EXERCISE DETAILS:
Reproduce the section of the listing that begins at the line containing "kept_span (suc i)" and finishes at the line containing "unfolding step log_signal start_span". Include both end lines and nothing beyond them.

STORED DATA:
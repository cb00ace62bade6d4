-- ===== src/Telemetry/Attributes.antt =====
-- Which attributes and labels are exported: packages/telemetry/src/index.ts,
-- `safeTelemetryAttributes` and `labelsKey`.
use tracegarden.Telemetry.Names.{safe_string}
use tracegarden.Prelude.{
  ℕ, zero, suc, ◌≤◌, ◌≡◌, refl, sym, ap, ◌∙◌, inl, inr, Bool, true, false, not, ◌&&◌, Option, none,
  some, [], ◌∷◌, ◌++◌, arith, ltb, if◌then◌else◌, Bool-cases, Option-cases, or_else, length, take,
  Str, ◌===◌, ===_iff, append_assoc,
}
use tracegarden.Prelude.Dict.{Dict, get, get-set, KeysDistinct}
use tracegarden.Telemetry.Names.{is_attribute_name, unsafe_name}
use tracegarden.Telemetry.Signals.{Host, Unknown, Scalar}
use tracegarden.Telemetry.Labels.{
  safe_attribute, safe_scalar, safe_attributes_from, safe_telemetry_attributes, sort_entries,
  insert_entry, labels_key,
}
use tracegarden.Telemetry.Exportable.{IsExportable, exportable_lem}

or_else-none {ℓ} : {A : Type ℓ} (o : Option A) → or_else o none ≡ o
or_else-none none = refl
or_else-none (some a) = refl

and_left : (a b : Bool) → (a && not b) ≡ true → a ≡ true
and_left a b h = ground (arith, h)

and_not : (a b : Bool) → (a && not b) ≡ true → b ≡ false
and_not a b h = ground (arith, h)

take_short : (n : ℕ) (s : Str) → length s ≤ n → s ≡ take n s
take_short zero [] h = refl
take_short zero (c ∷ s) h = absurd (omega (arith, h))
take_short (suc n) [] h = refl
take_short (suc n) (c ∷ s) h = ap (λ r. c ∷ r) (take_short n s (omega (arith, h)))

safe_string-take : (s : Str) → safe_string s ≡ take 256 s
unfolding safe_string
safe_string-take s = elim (Bool-cases (ltb 256 (length s))) [
  | inl t ↦ rw t refl
  | inr t ↦ rw t (take_short 256 s (ground (arith, t)))
]

module _ {Num : Type 0} (host : Host Num) where
  -- What is exported of a value: finite numbers, and of a text the first 256 units.
  abbrev pub scalar_of : Unknown Num → Option (Scalar Num)
  scalar_of (Unknown.text s) = some (Scalar.text (take 256 s))
  scalar_of (Unknown.number n) = if host.is_finite n then some (Scalar.number n) else none
  scalar_of (Unknown.boolean b) = some (Scalar.boolean b)
  scalar_of Unknown.null = some Scalar.null
  scalar_of Unknown.other = none

  safe_scalar-scalar_of : (value : Unknown Num) → safe_scalar host value ≡ scalar_of value
  unfolding safe_scalar
  safe_scalar-scalar_of (Unknown.text s) = ap (λ t. some (Scalar.text t)) (safe_string-take s)
  safe_scalar-scalar_of (Unknown.number n) = refl
  safe_scalar-scalar_of (Unknown.boolean b) = refl
  safe_scalar-scalar_of Unknown.null = refl
  safe_scalar-scalar_of Unknown.other = refl

  -- What is exported under a key.
  abbrev pub exported_as : Str → Dict (Unknown Num) → Option (Scalar Num)
  exported_as key input =
      if is_attribute_name key && not (unsafe_name key)
      then elim (get key input) [ none ↦ none | some value ↦ scalar_of value ]
      else none

  get-safe_attribute :
      (key k : Str) (value : Unknown Num) (safe : Dict (Scalar Num))
      → get key (safe_attribute host k value safe) ≡ (
          if k === key
          then or_else
              (if is_attribute_name k && not (unsafe_name k) then scalar_of value else none)
              (get key safe)
          else get key safe)
  get-safe_attribute key k value safe =
      rw (← safe_scalar-scalar_of value) (elim (Option-cases (safe_scalar host value)) [
        | inl e ↦ ground arith
        | inr (scalar, e) ↦ ground (arith, get-set k key scalar safe)
      ])

  get-safe_attributes_from :
      (key : Str) (input : Dict (Unknown Num)) (safe : Dict (Scalar Num))
      → KeysDistinct input
      → get key (safe_attributes_from host input safe)
        ≡ or_else (exported_as key input) (get key safe)
  unfolding safe_attributes_from get
  get-safe_attributes_from key [] safe d = ground arith
  get-safe_attributes_from key ((k, v) ∷ input) safe d =
      get-safe_attributes_from key input (safe_attribute host k v safe) d.1
      ∙ elim (Bool-cases (k === key)) [
        | inl e ↦
            let same = (===_iff k key).0 e in
            let absent : get key input ≡ none = rw same at d.0 in
            rw (get-safe_attribute, e) (rw (same, absent) (ground arith))
        | inr e ↦ rw (get-safe_attribute, e) refl
      ]

  exported_as-IsExportable :
      (key : Str) (input : Dict (Unknown Num)) (value : Scalar Num)
      → exported_as key input ≡ some value
      → IsExportable key
  exported_as-IsExportable key input value h =
      elim (Bool-cases (is_attribute_name key && not (unsafe_name key))) [
        | inr t ↦ let bad : none ≡ some value = rw t at h in cc
        | inl t ↦ exportable_lem key (and_left _ _ t) (and_not _ _ t)
      ]

  -- Of an object with distinct keys, exactly the entries with a well-formed name that shows no
  -- protected content are exported, each as its scalar: of a text the first 256 units, of numbers the
  -- finite ones. What is exported has a key of at most 64 units, which are letters, digits, underscores,
  -- points and dashes, that, in small letters, has none of the words of protected content in it and is
  -- neither `error` nor `note`.
  pub get-safe_telemetry_attributes :
      (key : Str) (input : Dict (Unknown Num))
      → KeysDistinct input
      → (get key (safe_telemetry_attributes host (some input)) ≡ exported_as key input)
        × ((value : Scalar Num)
            → get key (safe_telemetry_attributes host (some input)) ≡ some value
            → IsExportable key)
  unfolding safe_telemetry_attributes get
  get-safe_telemetry_attributes key input d =
      let same : get key (safe_telemetry_attributes host (some input)) ≡ exported_as key input =
        get-safe_attributes_from key input [] d ∙ or_else-none (exported_as key input) in
      (same, λ value h. exported_as-IsExportable key input value (sym same ∙ h))

  -- Two sets of labels share one key, and so one series: a value with a comma and an equals sign is
  -- read as a second label.
  pub labels_key_collision :
      (a v b w : Str)
      → host.sorts_after a b ≡ false
      → labels_key host ((a, v ++ b',' ∷ b ++ b'=' ∷ w) ∷ [])
        ≡ labels_key host ((a, v) ∷ (b, w) ∷ [])
  unfolding labels_key sort_entries insert_entry
  labels_key_collision a v b w e = rw e (simp append_assoc)
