-- ===== src/Telemetry/Escaping.antt =====
-- Escaped label values can be read back: packages/telemetry/src/index.ts, `prometheusLabelValue`.
use tracegarden.Prelude.{
  ℕ, ◌≡◌, refl, inl, inr, false, Option, none, some, [], ◌∷◌, ◌++◌, ◌==◌, if◌then◌else◌, ==_iff,
  Bool-cases, Str,
}
use tracegarden.Telemetry.Names.{replace_all, prometheus_label_value}
use mathlib.Core.Option

-- A quoted label value as the text format reads it, up to the closing quote.
unfoldable pub read_quoted : Str → Option (Str × Str)
read_quoted [] = none
read_quoted (c ∷ []) = if c == b'"' then some ([], []) else none
read_quoted (c ∷ d ∷ s) =
    let escaped = Option.map (λ p. ((if d == b'n' then 10 else d) ∷ p.0, p.1)) (read_quoted s) in
    let plain = Option.map (λ p. (c ∷ p.0, p.1)) (read_quoted (d ∷ s)) in
    if c == b'"'
    then some ([], d ∷ s)
    else if c == b'\\'
    then escaped
    else if c == 10
    then none
    else plain

read_plain :
    (c : ℕ) (s v rest : Str)
    → (c == b'"') ≡ false
    → (c == b'\\') ≡ false
    → (c == 10) ≡ false
    → read_quoted s ≡ some (v, rest)
    → read_quoted (c ∷ s) ≡ some (c ∷ v, rest)
unfolding read_quoted
read_plain c [] v rest h h' h'' e = cc
read_plain c (d ∷ s) v rest h h' h'' e = rw (h, h', h'', e) refl

read_escaped :
    (d : ℕ) (s v rest : Str)
    → read_quoted s ≡ some (v, rest)
    → read_quoted (b'\\' ∷ d ∷ s) ≡ some ((if d == b'n' then 10 else d) ∷ v, rest)
unfolding read_quoted
read_escaped d s v rest e = rw e refl

-- How one unit is escaped.
escape_unit : ℕ → Str
escape_unit c =
    if c == b'\\'
    then b'\\' ∷ b'\\' ∷ []
    else if c == 10
    then b'\\' ∷ b'n' ∷ []
    else if c == b'"'
    then b'\\' ∷ b'"' ∷ []
    else c ∷ []

escape_cons :
    (c : ℕ) (s : Str) → prometheus_label_value (c ∷ s) ≡ escape_unit c ++ prometheus_label_value s
unfolding prometheus_label_value replace_all escape_unit
escape_cons c s = elim (Bool-cases (c == b'\\')) [
  | inl e ↦ rw e refl
  | inr e ↦ elim (Bool-cases (c == 10)) [
    | inl e' ↦ rw (e, e') refl
    | inr e' ↦ elim (Bool-cases (c == b'"')) [
      | inl e'' ↦ rw (e, e', e'') refl
      | inr e'' ↦ rw (e, e', e'') refl
    ]
  ]
]

-- A label value, as it is written between quotes, is read back as it was, and reading stops at the
-- closing quote, whatever the value and the text behind the quote are.
pub read_quoted-prometheus_label_value :
    (value rest : Str)
    → read_quoted (prometheus_label_value value ++ b'"' ∷ rest) ≡ some (value, rest)
unfolding escape_unit
read_quoted-prometheus_label_value [] [] =
    unfold prometheus_label_value replace_all read_quoted in refl
read_quoted-prometheus_label_value [] (d ∷ s) =
    unfold prometheus_label_value replace_all read_quoted in refl
read_quoted-prometheus_label_value (c ∷ s) rest =
    let back = read_quoted-prometheus_label_value s rest in
    elim (Bool-cases (c == b'\\')) [
      | inl e ↦
          rw (escape_cons, e)
            (rw ((==_iff c b'\\').0 e)
              (read_escaped b'\\' (prometheus_label_value s ++ b'"' ∷ rest) s rest back))
      | inr e ↦ elim (Bool-cases (c == 10)) [
        | inl e' ↦
            rw (escape_cons, e, e')
              (rw ((==_iff c 10).0 e')
                (read_escaped b'n' (prometheus_label_value s ++ b'"' ∷ rest) s rest back))
        | inr e' ↦ elim (Bool-cases (c == b'"')) [
          | inl e'' ↦
              rw (escape_cons, e, e', e'')
                (rw ((==_iff c b'"').0 e'')
                  (read_escaped b'"' (prometheus_label_value s ++ b'"' ∷ rest) s rest back))
          | inr e'' ↦
              rw (escape_cons, e, e', e'')
                (read_plain c (prometheus_label_value s ++ b'"' ∷ rest) s rest e'' e e' back)
        ]
      ]
    ]
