-- ===== src/Telemetry/Kept.antt =====
-- What every sequence of calls keeps, from what the dispatch of a signal and the update of a metric
-- keep: packages/telemetry/src/index.ts.
use tracegarden.Prelude.{
  ℕ, zero, suc, inl, inr, Bool, true, false, Option, none, some, List, [], ◌∷◌, if◌then◌else◌,
  Bool-cases, Str,
}
use tracegarden.Prelude.Dict.{Dict}
use tracegarden.Telemetry.Signals.{
  Unknown, Host, CorrelationMetadata, MetricType, counter, gauge, MetricValue, TelemetrySignal,
}
use tracegarden.Telemetry.Runtime.{
  Runtime, TelemetrySpan, dispatch, failure_attributes, log_signal, start_span, end_span, fail_span,
}
use tracegarden.Telemetry.Metrics.{
  metric_signal, Add, adds, sets, defines, update_metric, dispatch_sample, define_counter,
  define_gauge, increment, set_gauge, set_counter,
}
use tracegarden.Telemetry.Steps.{Call, World, on_span, step, run}

module _ {Num : Type 0} (host : Host Num) (P : Runtime Num → Type 0)
    (keep_sample : (sample : MetricValue Num) (correlation : CorrelationMetadata) (now : Str)
        (r : Runtime Num)
      → P r
      → P (dispatch (metric_signal host sample correlation now) r))
    (keep_update : (kind : MetricType) (name : Str) (value : Num) (labels : Dict Str) (add : Add)
        (r : Runtime Num)
      → P r
      → P (update_metric host kind name value labels add r).0) where
  kept_sample :
      (correlation : CorrelationMetadata) (now : Str) (p : Runtime Num × Option (MetricValue Num))
      → P p.0
      → P (dispatch_sample host correlation now p)
  kept_sample correlation now (r, none) h = h
  kept_sample correlation now (r, some sample) h = keep_sample sample correlation now r h

  kept_if : (test : Bool) (r r' : Runtime Num) → P r → P r' → P (if test then r else r')
  kept_if true r r' h h' = h
  kept_if false r r' h h' = h'

  pub kept_define :
      (kind : MetricType) (name : Str) (labels : Dict Str) (w : World Num)
      → P w.runtime
      → P (step host (Call.define kind name labels) w).runtime
  unfolding step define_counter define_gauge
  kept_define counter n l w h = keep_update counter n host.zero_value l defines _ h
  kept_define gauge n l w h = keep_update gauge n host.zero_value l defines _ h

  pub kept_add :
      (name : Str) (value : Num) (labels : Dict Str) (c : CorrelationMetadata) (now : Str)
      (w : World Num)
      → P w.runtime
      → P (step host (Call.add name value labels c now) w).runtime
  unfolding step increment
  kept_add n v l c t w h = kept_if _ _ _ h (kept_sample c t _ (keep_update counter n v l adds _ h))

  pub kept_put :
      (kind : MetricType) (name : Str) (value : Num) (labels : Dict Str) (c : CorrelationMetadata)
      (now : Str) (w : World Num)
      → P w.runtime
      → P (step host (Call.put kind name value labels c now) w).runtime
  unfolding step set_counter set_gauge
  kept_put counter n v l c t w h =
      kept_if _ _ _ h (kept_sample c t _ (keep_update counter n v l sets _ h))
  kept_put gauge n v l c t w h =
      kept_if _ _ _ h (kept_sample c t _ (keep_update gauge n v l sets _ h))

module _ {Num : Type 0} (P : Runtime Num → Type 0) where
  pub kept_span :
      (i : ℕ) (f : TelemetrySpan → Runtime Num → TelemetrySpan × Runtime Num)
      → ((span : TelemetrySpan) (r : Runtime Num) → P r → P (f span r).1)
      → (spans : List TelemetrySpan) (r : Runtime Num) → P r
      → P (on_span i f spans r).1
  unfolding on_span
  kept_span i f k [] r h = h
  kept_span zero f k (span ∷ spans) r h = k span r h
  kept_span (suc i) f k (span ∷ spans) r h = kept_span i f k spans r h

module _ {Num : Type 0} (host : Host Num) (P : Runtime Num → Type 0)
    (keep_dispatch : (signal : TelemetrySignal Num) (r : Runtime Num)
      → P r
      → P (dispatch signal r)) where
  pub kept_end_span :
      (attributes : Dict (Unknown Num)) (now : Str) (span : TelemetrySpan) (r : Runtime Num)
      → P r
      → P (end_span host span attributes now r).1
  unfolding end_span
  kept_end_span attributes now span r p = elim (Bool-cases span.ended) [
    | inl e ↦ rw e p
    | inr e ↦ rw e (keep_dispatch _ r p)
  ]

  pub kept_fail_span :
      (name : Option Str) (now : Str) (span : TelemetrySpan) (r : Runtime Num)
      → P r
      → P (fail_span host span name now r).1
  unfolding fail_span
  kept_fail_span name now span r p = kept_end_span (failure_attributes host name) now span r p

module _ {Num : Type 0} (host : Host Num) (P : Runtime Num → Type 0)
    (keep_dispatch : (signal : TelemetrySignal Num) (r : Runtime Num) → P r → P (dispatch signal r))
    (keep_update : (kind : MetricType) (name : Str) (value : Num) (labels : Dict Str) (add : Add)
        (r : Runtime Num)
      → P r
      → P (update_metric host kind name value labels add r).0) where
  kept_step : (call : Call Num) (w : World Num) → P w.runtime → P (step host call w).runtime
  unfolding step log_signal start_span
  kept_step (Call.log l e c a n) w h = keep_dispatch _ _ h
  kept_step (Call.start n c a u t) w h = keep_dispatch _ _ h
  kept_step (Call.end i a n) w h =
      kept_span P i _ (kept_end_span host P keep_dispatch a n) w.spans w.runtime h
  kept_step (Call.fail i e n) w h =
      kept_span P i _ (kept_fail_span host P keep_dispatch e n) w.spans w.runtime h
  kept_step (Call.define k n l) w h =
      kept_define host P (λ s c t. keep_dispatch _) keep_update k n l w h
  kept_step (Call.add n v l c t) w h =
      kept_add host P (λ s c' t'. keep_dispatch _) keep_update n v l c t w h
  kept_step (Call.put k n v l c t) w h =
      kept_put host P (λ s c' t'. keep_dispatch _) keep_update k n v l c t w h

  pub kept_run :
      (calls : List (Call Num)) (w : World Num) → P w.runtime → P (run host calls w).runtime
  unfolding run
  kept_run [] w h = h
  kept_run (call ∷ calls) w h = kept_run calls (step host call w) (kept_step call w h)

PROBLEM SOLUTION:
  kept_span (suc i) f k (span ∷ spans) r h = kept_span i f k spans r h

module _ {Num : Type 0} (host : Host Num) (P : Runtime Num → Type 0)
    (keep_dispatch : (signal : TelemetrySignal Num) (r : Runtime Num)
      → P r
      → P (dispatch signal r)) where
  pub kept_end_span :
      (attributes : Dict (Unknown Num)) (now : Str) (span : TelemetrySpan) (r : Runtime Num)
      → P r
      → P (end_span host span attributes now r).1
  unfolding end_span
  kept_end_span attributes now span r p = elim (Bool-cases span.ended) [
    | inl e ↦ rw e p
    | inr e ↦ rw e (keep_dispatch _ r p)
  ]

  pub kept_fail_span :
      (name : Option Str) (now : Str) (span : TelemetrySpan) (r : Runtime Num)
      → P r
      → P (fail_span host span name now r).1
  unfolding fail_span
  kept_fail_span name now span r p = kept_end_span (failure_attributes host name) now span r p

module _ {Num : Type 0} (host : Host Num) (P : Runtime Num → Type 0)
    (keep_dispatch : (signal : TelemetrySignal Num) (r : Runtime Num) → P r → P (dispatch signal r))
    (keep_update : (kind : MetricType) (name : Str) (value : Num) (labels : Dict Str) (add : Add)
        (r : Runtime Num)
      → P r
      → P (update_metric host kind name value labels add r).0) where
  kept_step : (call : Call Num) (w : World Num) → P w.runtime → P (step host call w).runtime
  unfolding step log_signal start_span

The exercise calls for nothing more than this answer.